▶ _WORK INSTRUCTION_: Copy out the lines of the records below, and only those lines, from the one with "Built-first built_nil (suc s) = refl" through the one with "Built-texts event (built_cons e built) (suc", exactly as they appear.

▶ _DATA RECORDS_:
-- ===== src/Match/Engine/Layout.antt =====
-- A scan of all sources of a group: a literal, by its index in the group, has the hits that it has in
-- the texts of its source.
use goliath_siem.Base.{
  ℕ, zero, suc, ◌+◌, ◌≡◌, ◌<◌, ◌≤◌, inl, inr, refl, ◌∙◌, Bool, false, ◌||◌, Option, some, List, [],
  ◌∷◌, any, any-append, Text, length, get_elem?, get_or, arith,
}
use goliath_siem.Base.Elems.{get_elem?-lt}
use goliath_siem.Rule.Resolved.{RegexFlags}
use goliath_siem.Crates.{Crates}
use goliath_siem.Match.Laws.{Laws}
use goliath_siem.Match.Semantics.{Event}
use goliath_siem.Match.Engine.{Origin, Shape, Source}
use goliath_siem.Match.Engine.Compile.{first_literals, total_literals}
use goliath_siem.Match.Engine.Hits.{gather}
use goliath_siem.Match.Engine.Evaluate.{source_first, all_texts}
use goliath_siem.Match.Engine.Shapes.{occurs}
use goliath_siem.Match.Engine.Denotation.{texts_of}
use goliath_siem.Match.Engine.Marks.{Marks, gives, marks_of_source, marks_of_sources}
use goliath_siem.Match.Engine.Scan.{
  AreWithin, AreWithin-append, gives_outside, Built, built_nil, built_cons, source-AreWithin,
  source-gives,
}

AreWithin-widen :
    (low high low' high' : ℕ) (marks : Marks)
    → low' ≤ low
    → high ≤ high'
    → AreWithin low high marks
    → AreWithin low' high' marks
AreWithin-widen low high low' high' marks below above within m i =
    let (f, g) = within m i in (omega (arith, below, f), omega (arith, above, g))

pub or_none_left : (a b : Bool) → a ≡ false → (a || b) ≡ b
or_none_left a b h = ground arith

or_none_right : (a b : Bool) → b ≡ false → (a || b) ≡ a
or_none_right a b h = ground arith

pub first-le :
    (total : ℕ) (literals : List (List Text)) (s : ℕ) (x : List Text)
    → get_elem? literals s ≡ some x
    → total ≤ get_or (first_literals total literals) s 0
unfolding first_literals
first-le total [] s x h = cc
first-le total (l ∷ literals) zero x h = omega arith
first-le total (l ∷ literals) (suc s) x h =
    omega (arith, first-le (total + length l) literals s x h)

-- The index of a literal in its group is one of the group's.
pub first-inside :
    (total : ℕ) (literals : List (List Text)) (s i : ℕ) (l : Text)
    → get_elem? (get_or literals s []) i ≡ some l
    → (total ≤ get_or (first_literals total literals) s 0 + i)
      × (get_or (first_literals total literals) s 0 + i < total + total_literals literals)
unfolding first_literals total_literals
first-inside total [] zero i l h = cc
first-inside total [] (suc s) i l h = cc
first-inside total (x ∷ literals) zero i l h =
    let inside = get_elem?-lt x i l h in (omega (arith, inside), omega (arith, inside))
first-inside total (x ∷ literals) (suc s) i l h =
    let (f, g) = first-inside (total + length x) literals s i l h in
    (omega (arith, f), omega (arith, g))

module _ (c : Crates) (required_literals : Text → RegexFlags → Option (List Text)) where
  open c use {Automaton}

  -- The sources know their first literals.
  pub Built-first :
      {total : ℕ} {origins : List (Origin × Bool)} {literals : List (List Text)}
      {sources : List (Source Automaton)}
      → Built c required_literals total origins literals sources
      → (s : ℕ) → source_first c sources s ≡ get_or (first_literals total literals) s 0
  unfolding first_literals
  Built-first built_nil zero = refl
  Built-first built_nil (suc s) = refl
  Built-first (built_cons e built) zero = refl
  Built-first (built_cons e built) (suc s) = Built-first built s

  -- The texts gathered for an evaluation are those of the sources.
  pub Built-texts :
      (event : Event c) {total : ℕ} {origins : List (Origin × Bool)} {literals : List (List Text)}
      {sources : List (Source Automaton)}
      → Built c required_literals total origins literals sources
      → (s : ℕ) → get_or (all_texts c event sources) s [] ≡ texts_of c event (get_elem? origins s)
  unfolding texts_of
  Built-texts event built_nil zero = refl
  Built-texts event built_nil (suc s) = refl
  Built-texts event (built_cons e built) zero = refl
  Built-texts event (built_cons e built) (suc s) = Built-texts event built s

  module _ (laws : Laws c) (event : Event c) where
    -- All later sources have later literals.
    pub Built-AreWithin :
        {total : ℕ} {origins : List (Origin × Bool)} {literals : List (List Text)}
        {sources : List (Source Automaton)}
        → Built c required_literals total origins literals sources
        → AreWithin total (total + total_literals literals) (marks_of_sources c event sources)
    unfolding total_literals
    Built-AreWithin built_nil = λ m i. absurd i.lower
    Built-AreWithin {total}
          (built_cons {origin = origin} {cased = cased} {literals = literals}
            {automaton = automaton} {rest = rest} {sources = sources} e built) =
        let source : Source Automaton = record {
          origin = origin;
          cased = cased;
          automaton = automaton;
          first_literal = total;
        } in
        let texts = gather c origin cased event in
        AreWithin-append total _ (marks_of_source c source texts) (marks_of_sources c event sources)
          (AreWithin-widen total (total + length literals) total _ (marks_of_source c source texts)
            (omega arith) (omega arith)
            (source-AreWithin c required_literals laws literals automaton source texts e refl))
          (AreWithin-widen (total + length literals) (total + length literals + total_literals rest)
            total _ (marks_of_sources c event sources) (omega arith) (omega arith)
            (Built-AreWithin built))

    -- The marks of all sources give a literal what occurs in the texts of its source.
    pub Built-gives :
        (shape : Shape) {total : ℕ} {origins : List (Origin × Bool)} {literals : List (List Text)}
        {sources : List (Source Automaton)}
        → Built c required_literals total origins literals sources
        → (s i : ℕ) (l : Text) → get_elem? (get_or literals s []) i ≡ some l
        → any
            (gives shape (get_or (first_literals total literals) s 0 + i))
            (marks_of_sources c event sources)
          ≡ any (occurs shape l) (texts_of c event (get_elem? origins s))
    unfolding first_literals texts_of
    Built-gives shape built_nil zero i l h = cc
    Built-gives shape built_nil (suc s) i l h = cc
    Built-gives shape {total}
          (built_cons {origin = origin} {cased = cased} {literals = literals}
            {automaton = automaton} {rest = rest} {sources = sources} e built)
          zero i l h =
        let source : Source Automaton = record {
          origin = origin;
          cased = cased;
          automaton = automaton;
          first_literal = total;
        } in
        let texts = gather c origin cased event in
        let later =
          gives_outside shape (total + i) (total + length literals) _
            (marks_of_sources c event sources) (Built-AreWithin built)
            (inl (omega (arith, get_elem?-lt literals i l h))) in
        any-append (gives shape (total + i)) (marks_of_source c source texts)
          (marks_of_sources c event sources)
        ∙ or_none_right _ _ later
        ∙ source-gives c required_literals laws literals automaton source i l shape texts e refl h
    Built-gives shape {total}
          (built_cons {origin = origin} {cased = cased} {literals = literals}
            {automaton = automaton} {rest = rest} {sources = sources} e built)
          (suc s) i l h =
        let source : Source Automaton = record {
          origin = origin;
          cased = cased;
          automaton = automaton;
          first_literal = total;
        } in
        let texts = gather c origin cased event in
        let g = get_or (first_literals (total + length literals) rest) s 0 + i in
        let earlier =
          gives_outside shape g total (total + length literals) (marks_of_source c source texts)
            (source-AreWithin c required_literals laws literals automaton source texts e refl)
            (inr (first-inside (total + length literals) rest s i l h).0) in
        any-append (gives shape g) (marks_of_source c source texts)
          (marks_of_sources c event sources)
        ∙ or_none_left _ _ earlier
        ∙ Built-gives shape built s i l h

▶ _OUTPUT OF THE EXERCISE_:
  Built-first built_nil (suc s) = refl
  Built-first (built_cons e built) zero = refl
  Built-first (built_cons e built) (suc s) = Built-first built s

  -- The texts gathered for an evaluation are those of the sources.
  pub Built-texts :
      (event : Event c) {total : ℕ} {origins : List (Origin × Bool)} {literals : List (List Text)}
      {sources : List (Source Automaton)}
      → Built c required_literals total origins literals sources
      → (s : ℕ) → get_or (all_texts c event sources) s [] ≡ texts_of c event (get_elem? origins s)
  unfolding texts_of
  Built-texts event built_nil zero = refl
  Built-texts event built_nil (suc s) = refl
  Built-texts event (built_cons e built) zero = refl
  Built-texts event (built_cons e built) (suc s) = Built-texts event built s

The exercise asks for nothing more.